What is Cognitive Impairment in the Elderly?
Many studies indicate that there is a relationship between cognitive impairment and Alzheimer’s Disease. You see, cognitive impairment does not only affect children, it can also affect anyone at any age, because one of the causes of cognitive impairment is thought to be a head injury that impacts a critical part of the brain.
This is sometimes termed “Mild Cognitive Impairment”, or MCI, might some studies indicate may represent some kind of “transitional stage” between normal aging and dementia. The problem with stating this definitively, however, is that progression from one stage to another is typically very slow, and as a result some people may die of natural causes before experiencing full scale Alzheimers disease.
The percentage of elderly people who are afflicted with dementia is increasing steadily every year for unknown reasons. When an Orange County psychologist or specialists are treating elderly patients who have been diagnosed with dementia, they are normally very well aware of the fact that almost 50% of them will also be demonstrating a certain degree of cognitive impairment.
With the doctors and professionals, the biggest challenge does not lie in the diagnosis of the disorder, but also in treating those situations where the affliction has been termed as irreversible. As medical science and technology makes advances, the number of cases where a case needs to be classified as “irreversible” is diminishing, but there are still an alarming number of cases with that designation.

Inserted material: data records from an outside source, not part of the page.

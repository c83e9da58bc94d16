-- ===== src/Ring/Failures.antt =====
-- hvac_hashing.h: the ring after `RemoveNode` for one failed host after the other.
use hvac_checkpoint.Common.{
  ℕ, ◌<◌, ◌≡◌, refl, sym, ◌∙◌, ◌≢◌, ◌⊎◌, inl, inr, ◌↔◌, none, some, List, [], ◌∷◌, arith, nat_eq,
}
use mathlib.Core.Path.{ap₂}
use hvac_checkpoint.Common.Maps.{lookup}
use hvac_checkpoint.Common.OrderedMap.{IsSorted, lookup_ext}
use hvac_checkpoint.Common.Text.{Text}
use hvac_checkpoint.Ring.{HashRing, place, remove_node, get_node}
use hvac_checkpoint.Common.Run.{ok}
use hvac_checkpoint.Ring.Lookup.{remove_replicas-IsSorted, get_node-Owns}
use hvac_checkpoint.Ring.Remap.{Uncontested, get_node-remove_node}
use hvac_checkpoint.Ring.Entries.{remove_node-lookup, place_of, IsPlaced, remove_node-IsPlaced}

-- The node is one of those in the list.
abbrev pub In : Text → List Text → Type 0
In node [] = ⊥
In node (first ∷ rest) = (node ≡ first) ⊎ In node rest

module _ (hash : Text → ℕ) where
  -- The removals in the order in which the failures are seen.
  unfoldable pub remove_all : List Text → HashRing → HashRing
  remove_all [] h = h
  remove_all (node ∷ failed) h = remove_all failed (remove_node hash node h)

  -- The point is a place of one of the failed nodes.
  Taken : List Text → ℕ → ℕ → Type 0
  Taken failed n k = (node : Text) × In node failed × (r : ℕ) × (r < n) × (place hash node r ≡ k)

  remove_all-replicas :
      (failed : List Text) (h : HashRing) → (remove_all failed h).replicas ≡ h.replicas
  unfolding remove_all remove_node
  remove_all-replicas [] h = refl
  remove_all-replicas (node ∷ failed) h = remove_all-replicas failed (remove_node hash node h)

  remove_all-IsSorted :
      (failed : List Text) (h : HashRing) → IsSorted h.ring → IsSorted (remove_all failed h).ring
  unfolding remove_all remove_node
  remove_all-IsSorted [] h s = s
  remove_all-IsSorted (node ∷ failed) h s =
      remove_all-IsSorted failed (remove_node hash node h)
        (remove_replicas-IsSorted hash node h.replicas 0 h.ring s)

  remove_all-lookup-none :
      (failed : List Text) (h : HashRing) (k : ℕ)
      → lookup k h.ring ≡ none
      → lookup k (remove_all failed h).ring ≡ none
  unfolding remove_all
  remove_all-lookup-none [] h k e = e
  remove_all-lookup-none (node ∷ failed) h k e =
      let (gone, kept) = remove_node-lookup hash node h in
      remove_all-lookup-none failed (remove_node hash node h) k
        (elim (place_of hash node h.replicas k) [
          | inl (r, lt, here) ↦ rw (← here) (gone r lt)
          | inr away ↦ kept k away ∙ e
        ])

  -- Where a failed node has a place nothing is left, and elsewhere the ring is as it was.
  remove_all-lookup :
      (failed : List Text) (h : HashRing) (k : ℕ)
      → (Taken failed h.replicas k × (lookup k (remove_all failed h).ring ≡ none))
        ⊎ ((Taken failed h.replicas k → ⊥)
            × (lookup k (remove_all failed h).ring ≡ lookup k h.ring))
  unfolding remove_all Taken remove_node
  remove_all-lookup [] h k = inr (λ t. t.1, refl)
  remove_all-lookup (node ∷ failed) h k =
      let (gone, kept) = remove_node-lookup hash node h in
      elim (place_of hash node h.replicas k) [
        | inl (r, lt, here) ↦ inl (
          (node, inl refl, r, lt, here),
          remove_all-lookup-none failed (remove_node hash node h) k (rw (← here) (gone r lt)),
        )
        | inr away ↦ elim (remove_all-lookup failed (remove_node hash node h) k) [
          | inl ((v, among, r, lt, at), e) ↦ inl ((v, inr among, r, lt, at), e)
          | inr (free, e) ↦ inr (
            λ t. elim t.1 [
              | inl same ↦ away t.2 t.3 (rw same at (t.4))
              | inr among ↦ free (t.0, among, t.2, t.3, t.4)
            ],
            e ∙ kept k away,
          )
        ]
      ]

  -- On a sorted ring, the ring after a list of failures depends only on which nodes failed: two
  -- lists with the same nodes, in any order and with any repetition, leave the same ring.
  pub remove_all-same :
      (failed failed' : List Text) (h : HashRing)
      → IsSorted h.ring
      → ((node : Text) → In node failed ↔ In node failed')
      → remove_all failed h ≡ remove_all failed' h
  unfolding Taken
  remove_all-same failed failed' h s same =
      let rings =
        lookup_ext (remove_all failed h).ring (remove_all failed' h).ring
          (remove_all-IsSorted failed h s) (remove_all-IsSorted failed' h s)
          (λ k. elim (remove_all-lookup failed h k) [
            | inl ((v, among, r, lt, at), e) ↦ elim (remove_all-lookup failed' h k) [
              | inl (_, e') ↦ e ∙ sym e'
              | inr (free, _) ↦ absurd (free (v, (same v).0 among, r, lt, at))
            ]
            | inr (free, e) ↦ elim (remove_all-lookup failed' h k) [
              | inl ((v, among, r, lt, at), _) ↦ absurd (free (v, (same v).1 among, r, lt, at))
              | inr (_, e') ↦ e ∙ sym e'
            ]
          ]) in
      ap₂ (λ m n. record { ring = m; replicas = n }) rings
        (remove_all-replicas failed h ∙ sym (remove_all-replicas failed' h))

  Uncontested-remove_node :
      (node other : Text) (h : HashRing)
      → Uncontested hash node h
      → Uncontested hash node (remove_node hash other h)
  unfolding remove_node
  Uncontested-remove_node node other h held r lt =
      let k = place hash node r in
      let (gone, kept) = remove_node-lookup hash other h in
      elim (place_of hash other h.replicas k) [
        | inl (i, below, here) ↦ inr (rw (← here) (gone i below))
        | inr away ↦ elim (held r lt) [
          | inl mine ↦ inl (kept k away ∙ mine)
          | inr free ↦ inr (kept k away ∙ free)
        ]
      ]

  -- On a sorted ring where no place of a failed node is held by another node, a key whose owner has
  -- not failed keeps its owner through all the removals.
  pub get_node-remove_all :
      (failed : List Text) (key owner : Text) (h : HashRing)
      → IsSorted h.ring
      → ((node : Text) → In node failed → Uncontested hash node h)
      → get_node hash key h ≡ ok owner
      → (In owner failed → ⊥)
      → get_node hash key (remove_all failed h) ≡ ok owner
  unfolding remove_all remove_node
  get_node-remove_all [] key owner h s held e alive = e
  get_node-remove_all (node ∷ failed) key owner h s held e alive =
      get_node-remove_all failed key owner (remove_node hash node h)
        (remove_replicas-IsSorted hash node h.replicas 0 h.ring s)
        (λ v among. Uncontested-remove_node v node h (held v (inr among)))
        (get_node-remove_node hash node key owner h s (held node (inl refl)) e
          (λ same. alive (inl same)))
        (λ among. alive (inr among))

  remove_all-IsPlaced :
      (failed : List Text) (h : HashRing) → IsPlaced hash h → IsPlaced hash (remove_all failed h)
  unfolding remove_all
  remove_all-IsPlaced [] h placed = placed
  remove_all-IsPlaced (node ∷ failed) h placed =
      remove_all-IsPlaced failed (remove_node hash node h) (remove_node-IsPlaced hash node h placed)

  -- On a ring whose entries all stand at places of their nodes, and where no place of a failed node is
  -- held by another node: after all the removals the ring has exactly the entries of the nodes that
  -- have not failed, each at its point, in whatever order and however often the nodes were removed.
  pub remove_all-entries :
      (failed : List Text) (h : HashRing)
      → IsPlaced hash h
      → ((node : Text) → In node failed → Uncontested hash node h)
      → (k : ℕ) (v : Text)
      → (lookup k (remove_all failed h).ring ≡ some v)
        ↔ ((lookup k h.ring ≡ some v) × (In v failed → ⊥))
  unfolding Taken
  remove_all-entries failed h placed held k v = elim (remove_all-lookup failed h k) [
    | inl ((node, among, r, lt, at), gone) ↦ (
      λ e. absurd (cc (e, gone)),
      λ (e, alive).
          let here : lookup (place hash node r) h.ring ≡ some v = rw at e in
          elim (held node among r lt) [
            | inl mine ↦ let same : node ≡ v = cc (mine, here) in absurd (alive (rw same at among))
            | inr free ↦ absurd (cc (free, here))
          ],
    )
    | inr (free, kept) ↦ (
      λ e.
          let there = sym kept ∙ e in
          let (r, lt, here) = placed k v there in (there, λ among. free (v, among, r, lt, here)),
      λ (e, alive). kept ∙ e,
    )
  ]

  -- On a sorted ring whose entries all stand at places of their nodes, no key goes to a node that
  -- has failed, however many failed after it.
  pub get_node-remove_all_ne :
      (failed : List Text) (node key : Text) (h : HashRing)
      → IsSorted h.ring
      → IsPlaced hash h
      → In node failed
      → get_node hash key (remove_all failed h) ≢ ok node
  unfolding Taken
  get_node-remove_all_ne failed node key h s placed among e =
      let after = remove_all failed h in
      let (k, at, _) = get_node-Owns hash key node after (remove_all-IsSorted failed h s) e in
      let (r, lt, here) = remove_all-IsPlaced failed h placed k node at in
      let same = remove_all-replicas failed h in
      elim (remove_all-lookup failed h k) [
        | inl (_, gone) ↦ let gone' = gone in cc (gone', at)
        | inr (free, _) ↦ absurd (free (node, among, r, omega (arith, lt, same), here))
      ]
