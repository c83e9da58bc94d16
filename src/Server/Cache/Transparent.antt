-- ===== src/Server/Cache/Transparent.antt =====
-- hvac_comm.cpp and hvac_data_mover.cpp together: handlers and the data mover run in any order; each
-- step holds the mutex of the maps that it changes.
use hvac_checkpoint.Common.{◌≡◌, List, ◌∷◌, arith}
use hvac_checkpoint.Common.Int.{to_unsigned}
use hvac_checkpoint.Common.Maps.{lookup}
use hvac_checkpoint.Common.Text.{Text, text_eq}
use hvac_checkpoint.Common.Run.{ok}
use hvac_checkpoint.Posix.{Posix}
use hvac_checkpoint.Server.{Server, HgCalls, Handled, start}
use hvac_checkpoint.Server.Read.{RpcIn, rpc_handler, serve_read, start_transfer}
use hvac_checkpoint.Server.Files.{
  OpenIn, CloseIn, SeekIn, redirect, open_rpc_handler, close_rpc_handler, seek_rpc_handler,
  queue_path,
}
use hvac_checkpoint.Server.Mover.{move_file, take_queue}
use hvac_checkpoint.Server.Cache.{
  redirect-content_of_IsFaithful, FileLaws, IsFaithful, KeepsFiles, KeepsFiles-IsFaithful,
  move_file-IsFaithful,
}

module _ (os : Posix) (laws : FileLaws os) where
  open laws use {content}

  open-KeepsFiles :
      (hg : HgCalls) (inp : OpenIn) (s : Server os.Fs) (h : Handled os.Fs)
      → open_rpc_handler os hg inp s ≡ ok h
      → KeepsFiles os laws s h.server
  unfolding open_rpc_handler
  open-KeepsFiles hg inp s h e = (
    ground arith,
    λ q. ground (arith, laws.open_content q (redirect inp.path s.path_cache_map) 0 s.fs),
  )

  close-KeepsFiles :
      (hg : HgCalls) (inp : CloseIn) (s : Server os.Fs) (h : Handled os.Fs)
      → close_rpc_handler os hg inp s ≡ ok h
      → KeepsFiles os laws s h.server
  unfolding close_rpc_handler queue_path
  close-KeepsFiles hg inp s h e =
      (ground arith, λ q. ground (arith, laws.close_content q inp.fd s.fs))

  seek-KeepsFiles :
      (hg : HgCalls) (inp : SeekIn) (s : Server os.Fs) (h : Handled os.Fs)
      → seek_rpc_handler os hg inp s ≡ ok h
      → KeepsFiles os laws s h.server
  unfolding seek_rpc_handler
  seek-KeepsFiles hg inp s h e =
      (ground arith, λ q. ground (arith, laws.seek_content q inp.fd inp.offset inp.whence s.fs))

  read-KeepsFiles :
      (hg : HgCalls) (inp : RpcIn) (s : Server os.Fs) (h : Handled os.Fs)
      → rpc_handler os hg inp s ≡ ok h
      → KeepsFiles os laws s h.server
  unfolding rpc_handler serve_read start_transfer
  read-KeepsFiles hg inp s h e =
      let size = to_unsigned 64 inp.input_val in
      (
        ground arith,
        λ q. ground (
          arith,
          laws.read_content q inp.accessfd size s.fs,
          laws.pread_content q inp.accessfd size inp.offset s.fs,
        ),
      )

  -- One step of the server: a handler that returns, or a step of the data mover.
  pub data Step (nvmepath : Text) (s t : Server os.Fs) : Type 0 where
    opens :
        (hg : HgCalls) (inp : OpenIn) (h : Handled os.Fs)
        → open_rpc_handler os hg inp s ≡ ok h
        → t ≡ h.server
        → Step nvmepath s t
    reads :
        (hg : HgCalls) (inp : RpcIn) (h : Handled os.Fs)
        → rpc_handler os hg inp s ≡ ok h
        → t ≡ h.server
        → Step nvmepath s t
    seeks :
        (hg : HgCalls) (inp : SeekIn) (h : Handled os.Fs)
        → seek_rpc_handler os hg inp s ≡ ok h
        → t ≡ h.server
        → Step nvmepath s t
    closes :
        (hg : HgCalls) (inp : CloseIn) (h : Handled os.Fs)
        → close_rpc_handler os hg inp s ≡ ok h
        → t ≡ h.server
        → Step nvmepath s t
    takes : take_queue os s ≡ ok t → Step nvmepath s t
    moves :
        (path : Text) (rest : List Text)
        → s.local_list ≡ path ∷ rest
        → t ≡ move_file os nvmepath path (record s { local_list = rest })
        → Step nvmepath s t

  -- The states that steps lead to, from a start with empty maps and queues.
  pub data Reach (nvmepath : Text) : Server os.Fs → Type 0 where
    starts : (fs : os.Fs) → Reach nvmepath (start fs)
    steps : {s t : Server os.Fs} → Reach nvmepath s → Step nvmepath s t → Reach nvmepath t

  take-KeepsFiles : (s t : Server os.Fs) → take_queue os s ≡ ok t → KeepsFiles os laws s t
  unfolding take_queue
  take-KeepsFiles s t e = (ground arith, λ q. ground arith)

  Step-IsFaithful :
      (nvmepath : Text) (s t : Server os.Fs)
      → Step nvmepath s t
      → IsFaithful os laws s
      → IsFaithful os laws t
  Step-IsFaithful nvmepath s t (opens hg inp h e same) f =
      rw same (KeepsFiles-IsFaithful os laws s h.server (open-KeepsFiles hg inp s h e) f)
  Step-IsFaithful nvmepath s t (reads hg inp h e same) f =
      rw same (KeepsFiles-IsFaithful os laws s h.server (read-KeepsFiles hg inp s h e) f)
  Step-IsFaithful nvmepath s t (seeks hg inp h e same) f =
      rw same (KeepsFiles-IsFaithful os laws s h.server (seek-KeepsFiles hg inp s h e) f)
  Step-IsFaithful nvmepath s t (closes hg inp h e same) f =
      rw same (KeepsFiles-IsFaithful os laws s h.server (close-KeepsFiles hg inp s h e) f)
  Step-IsFaithful nvmepath s t (takes e) f =
      KeepsFiles-IsFaithful os laws s t (take-KeepsFiles s t e) f
  Step-IsFaithful nvmepath s t (moves path rest e same) f =
      rw same (move_file-IsFaithful os laws nvmepath path (record s { local_list = rest }) f)

  Reach-IsFaithful : (nvmepath : Text) {s : Server os.Fs} → Reach nvmepath s → IsFaithful os laws s
  unfolding lookup
  Reach-IsFaithful nvmepath (starts fs) p copy e = absurd (cc e)
  Reach-IsFaithful nvmepath (steps {s} {t} r st) p copy e =
      Step-IsFaithful nvmepath s t st (Reach-IsFaithful nvmepath r) p copy e

  -- For an operating system that keeps `FileLaws`: in every state that handlers and steps of the
  -- data mover lead to from empty maps and queues, the file that the open handler opens has the
  -- content of the file that the client asked for, whether or not it is the cached copy.
  pub redirect-content :
      (nvmepath path : Text) (s : Server os.Fs)
      → Reach nvmepath s
      → content (redirect path s.path_cache_map) s.fs ≡ content path s.fs
  redirect-content nvmepath path s r =
      redirect-content_of_IsFaithful os laws path s (Reach-IsFaithful nvmepath r)
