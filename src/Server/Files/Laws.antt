-- ===== src/Server/Files/Laws.antt =====
-- hvac_comm.cpp: what the open and close handlers do to the server's maps and to the queue of the
-- data mover.
use hvac_checkpoint.Common.{ℕ, ◌≡◌, refl, some, none, List, [], ◌∷◌, ◌++◌, if◌then◌else◌, arith}
use hvac_checkpoint.Common.Int.{ℤ, int_eq, int_beq, to_int32}
use hvac_checkpoint.Common.Maps.{
  Map, lookup, insert, index, has_key, lookup-insert, lookup-insert_self, lookup-erase,
  lookup-index,
}
use hvac_checkpoint.Common.Text.{Text, text_eq}
use hvac_checkpoint.Common.Run.{ok}
use hvac_checkpoint.Posix.{Posix}
use hvac_checkpoint.Server.{Server, HgCalls, responds, Handled}
use hvac_checkpoint.Server.Files.{
  OpenIn, CloseIn, redirect, open_rpc_handler, close_rpc_handler, queue_path,
}

-- The queue after a path is handed to the data mover, unless it has a cached copy.
abbrev pub queued : Text → Map Text Text → List Text → List Text
queued path cache queue = if has_key path cache then queue else queue ++ path ∷ []

module _ (os : Posix) where
  queue_path_cases :
      (fd : ℤ) (s : Server os.Fs) (path : Text)
      → lookup fd s.fd_to_path ≡ some path
      → (queue_path os fd s).data_queue ≡ queued path s.path_cache_map s.data_queue
  unfolding queue_path index
  queue_path_cases fd s path e = rw (e, index)

  -- Every other descriptor keeps its path, and the closed one has none.
  queue_path-lookup :
      (fd j : ℤ) (s : Server os.Fs)
      → lookup j (queue_path os fd s).fd_to_path
        ≡ (if int_beq fd j then none else lookup j s.fd_to_path)
  unfolding queue_path
  queue_path-lookup fd j s =
      ground
        (arith, lookup-erase fd j (index fd [] s.fd_to_path).1, lookup-index fd j [] s.fd_to_path)

  -- A close whose input decodes and whose address call returns hands the path of the descriptor to
  -- the data mover, once and at the end of the queue, unless the path is cached; it forgets the
  -- descriptor and no other, and leaves the cache alone.
  pub close_rpc_handler_lem :
      (hg : HgCalls) (inp : CloseIn) (s : Server os.Fs) (path : Text) (code : ℕ)
      → hg.get_input ≡ 0
      → hg.addr_to_string ≡ some code
      → lookup inp.fd s.fd_to_path ≡ some path
      → (h : Handled os.Fs) × (close_rpc_handler os hg inp s ≡ ok h)
        × (h.server.data_queue ≡ queued path s.path_cache_map s.data_queue)
        × (h.server.path_cache_map ≡ s.path_cache_map)
        × ((j : ℤ)
            → lookup j h.server.fd_to_path
              ≡ (if int_beq inp.fd j then none else lookup j s.fd_to_path))
  unfolding close_rpc_handler
  close_rpc_handler_lem hg inp s path code got called known =
      let s' : Server os.Fs = record s { fs = (os.close_file inp.fd s.fs).1 } in
      (
        record { server = queue_path os inp.fd s'; events = []; ret = code },
        rw (got, called),
        queue_path_cases inp.fd s' path known,
        unfold queue_path in refl,
        λ j. queue_path-lookup inp.fd j s',
      )

  -- A file that is opened and then closed under the descriptor that was answered is queued for the
  -- data mover under the name that the client gave, unless it is cached; and the descriptor is
  -- forgotten. An open that failed is no exception: its descriptor is -1.
  pub close-open :
      (hg : HgCalls) (inp : OpenIn) (client_rank : ℤ) (s : Server os.Fs) (code : ℕ)
      → hg.get_input ≡ 0
      → hg.addr_to_string ≡ some code
      → let fd = to_int32 (os.open_file (redirect inp.path s.path_cache_map) 0 s.fs).0 in
        (opened closed : Handled os.Fs) × (open_rpc_handler os hg inp s ≡ ok opened)
        × (opened.events ≡ responds fd ∷ [])
        × (close_rpc_handler os hg (record { fd = fd; client_rank = client_rank }) opened.server
            ≡ ok closed)
        × (closed.server.data_queue ≡ queued inp.path s.path_cache_map s.data_queue)
        × ((j : ℤ)
            → lookup j closed.server.fd_to_path
              ≡ (if int_beq fd j then none else lookup j s.fd_to_path))
  unfolding open_rpc_handler
  close-open hg inp client_rank s code got called =
      let (status, fs) = os.open_file (redirect inp.path s.path_cache_map) 0 s.fs in
      let fd = to_int32 status in
      let s' : Server os.Fs = record s { fs = fs; fd_to_path = insert fd inp.path s.fd_to_path } in
      let (closed, run, queue, _, paths) =
        close_rpc_handler_lem hg (record { fd = fd; client_rank = client_rank }) s' inp.path code
          got called (lookup-insert_self fd inp.path s.fd_to_path) in
      (
        record { server = s'; events = responds fd ∷ []; ret = 0 },
        closed,
        rw got,
        refl,
        run,
        queue,
        λ j. ground (arith, paths j, lookup-insert fd j inp.path s.fd_to_path),
      )

  -- A close whose input decodes and whose address call returns, of a descriptor that the server
  -- does not know, queues the empty path, unless the empty path has a cached copy.
  pub close_rpc_handler_unknown :
      (hg : HgCalls) (inp : CloseIn) (s : Server os.Fs) (code : ℕ)
      → hg.get_input ≡ 0
      → hg.addr_to_string ≡ some code
      → lookup inp.fd s.fd_to_path ≡ none
      → lookup [] s.path_cache_map ≡ none
      → (h : Handled os.Fs) × (close_rpc_handler os hg inp s ≡ ok h)
        × (h.server.data_queue ≡ s.data_queue ++ [] ∷ [])
  unfolding close_rpc_handler queue_path index
  close_rpc_handler_unknown hg inp s code got called unknown uncached = (
    record {
      server = queue_path os inp.fd (record s { fs = (os.close_file inp.fd s.fs).1 });
      events = [];
      ret = code;
    },
    rw (got, called),
    rw (unknown, index, uncached),
  )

Listed below are some of the typical steps and tests that a trained professional will take to be able to accurately diagnose an elderly patient with a cognitive impairment disorder:
1. Examine Patient History
First, it is critical for the doctor to get a thorough medical history from patient to assist them in arriving at an accurate diagnosis. It is thought that much of this disorder can be hereditary, and therefore such information plays an important diagnostic role. Questions that would typically be asked would include:
a. Have you had this problem before?
b. How long have you had this problem; i.e., days, weeks, years?
c. Does anyone else in your immediate family have this affliction?
Frequently, the sudden appearance of this condition may suggest a serious medical condition such as trauma, infection, a small stroke, etc, which many times can be corrected. Without the outside influence of things like that, it is highly unlikely that this condition would “just suddenly appear” in a patient.
A trained professional will be able to understand much by asking the patient to elaborate on what symptoms they are suffering from. Some of this information can be obtained by a careful examination of the patient’s past medical history as well as from the patient themselves. It is not at all uncommon for someone afflicted with a form of cognitive impairment to repeatedly ask the doctor the same question over and over, which is due in part to the detrimental effect of this on short-term memory.
3. Physical Examination
A neurological examination by a trained doctor is important to perform in order for them to look for the focal signs that may well suggest that the patient has either had a stroke or is suffering from some other disorder, like Parkinsonism. Both of these can also cause cognitive impairment in the elderly.
4. Mental Status Examinations
Although most professionals will conduct a mental status evaluation on an elderly patient as a standard operating procedure, it may also be necessary to do a full mental status exam on the patient by a doctor who is trained in this field. This will measure the degree and level to which the patient is able to focus and concentrate, their level of awareness and general consciousness, and the way in which they respond to general questions. All of these things combined will provide the doctor with clues as to their cognitive impairment state and level, and indeed whether or not they are suffering from cognitive impairment or some other similar type of disorder.